(Stored data entries)
* * * * * * * * *

-- ===== src/Billing/Redelivered.antt =====
-- A request that is delivered again, after its record was reserved.
use generation_balance_servi.Base.{
  ◌+◌, ◌≤◌, ◌≡◌, ◌⊎◌, subst, some, inl, inr, true, lookup, arith, ℕ,
}
use generation_balance_servi.Policy.{GenerationRequest, GenerationResult}
use generation_balance_servi.Redis.{Redis, Status, GenerationHash}
use generation_balance_servi.Redis.Generations.{Keeps, Progress}
use generation_balance_servi.Store.Recognises.{IsFinished}
use generation_balance_servi.Machine.{Machine}
use generation_balance_servi.Machine.Rules.{is_failure, IsSchedule, Outcome}
use generation_balance_servi.Billing.Configs.{Config}
use generation_balance_servi.Billing.Generation.{Provider, execute_generation}
use generation_balance_servi.Billing.Following.{Ran-Progress}
use generation_balance_servi.Billing.Answers.{Answers, IsKept}
use generation_balance_servi.Billing.Executed.{IsAnswer, execute_generation-Goes}
use generation_balance_servi.Billing.Settings.{
  Outcome-of-Goes, following, Admits-Keeps, Follows-following,
}

-- The answer that the record keeps in the end, and that it kept already if it was finished.
abbrev pub IsRepeated : GenerationRequest → GenerationHash → GenerationResult → Redis → Type 0
IsRepeated request g res r =
    IsKept request res r × ((g.status ≡ Status.running) ⊎ Answers request g res)

own_not_earlier :
    (g g' : GenerationHash) (start : ℕ)
    → Progress (some g) (some g')
    → g.reservation_token + 1 ≤ start
    → start ≤ g'.reservation_token
    → ⊥
own_not_earlier g g' start (same, change) t own = omega (arith, same.token, t, own)

repeated :
    (request : GenerationRequest) (res : GenerationResult) (g g' : GenerationHash)
    → Progress (some g) (some g')
    → Answers request g' res
    → (g.status ≡ Status.running) ⊎ Answers request g res
repeated request res g g' (same, inl e) answers = inr (subst (λ h. Answers request h res) e answers)
repeated request res g g' (same, inr (running, left)) answers = inl running

answer-IsRepeated :
    (provider : Provider) (request : GenerationRequest) (start : ℕ) (g : GenerationHash)
    (res : GenerationResult) (r : Redis)
    → Progress (some g) (lookup request.client_request_id r.generations)
    → g.reservation_token + 1 ≤ start
    → IsAnswer provider request start res r
    → IsRepeated request g res r
answer-IsRepeated provider request start g res r p t
      (e, inl (s, auth, result, by, from, content, bill, done, (g', at, own))) =
    absurd (own_not_earlier g g' start (rw at at p) t own)
answer-IsRepeated provider request start g res r p t (e, inr (g', at, answers)) =
    ((g', at, answers), repeated request res g g' (rw at at p) answers)

-- Suppose the record of a request was reserved by an earlier delivery, with a token given out before.
-- When the request is delivered again, `execute_generation` ends: whatever other processes do, short
-- of an expiry of the record, and however the wire behaves, it returns or raises, provided that a
-- poll takes a millisecond at least. If it returns, the record is done and of the same user, dialog
-- and model, and the result has the text that the record keeps and the charge that it keeps in
-- dollars, never a second answer of the provider; only where the record keeps no charge or a charge
-- of zero, the result bills the authorized cost. If the record was finished at the start, this is
-- the text and the charge that it kept then. If it raises GenerationFailedError or is cancelled, the
-- record is finished.
pub redelivery_repeats :
    (config : Config) (provider : Provider) (request : GenerationRequest) (g : GenerationHash)
    (m : Machine)
    → 1 ≤ config.billing.running_poll_interval
    → IsSchedule (Keeps request.client_request_id) m.schedule
    → lookup request.client_request_id m.world.redis.generations ≡ some g
    → g.reservation_token + 1 ≤ m.next_token
    → Outcome
        (λ res m'. IsRepeated request g res m'.world.redis)
        (λ e m'. is_failure e ≡ true → IsFinished request.client_request_id m'.world.redis)
        (execute_generation config provider request m)
redelivery_repeats config provider request g m polls s at t =
    let id = request.client_request_id in
    let c = following id in
    Outcome-of-Goes c m (λ res m'. IsAnswer provider request m.next_token res m'.world.redis)
      (λ res m'. IsRepeated request g res m'.world.redis)
      (λ e m'. is_failure e ≡ true → IsFinished id m'.world.redis)
      (execute_generation config provider request m)
      (execute_generation-Goes c (Admits-Keeps id) config provider request (Follows-following id)
        polls m.next_token m s (omega arith))
      (λ res m' h q.
        answer-IsRepeated provider request m.next_token g res m'.world.redis
          (rw at at (Ran-Progress c id (Follows-following id) m.world.redis m'.world.redis h.ran)) t
          q)
      (λ e m' o. o)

* * * * * * * * *

**Aim of the task:** Determine how many lines in the entries above contain the word "again", and respond with the number alone.

**Written solution:** 2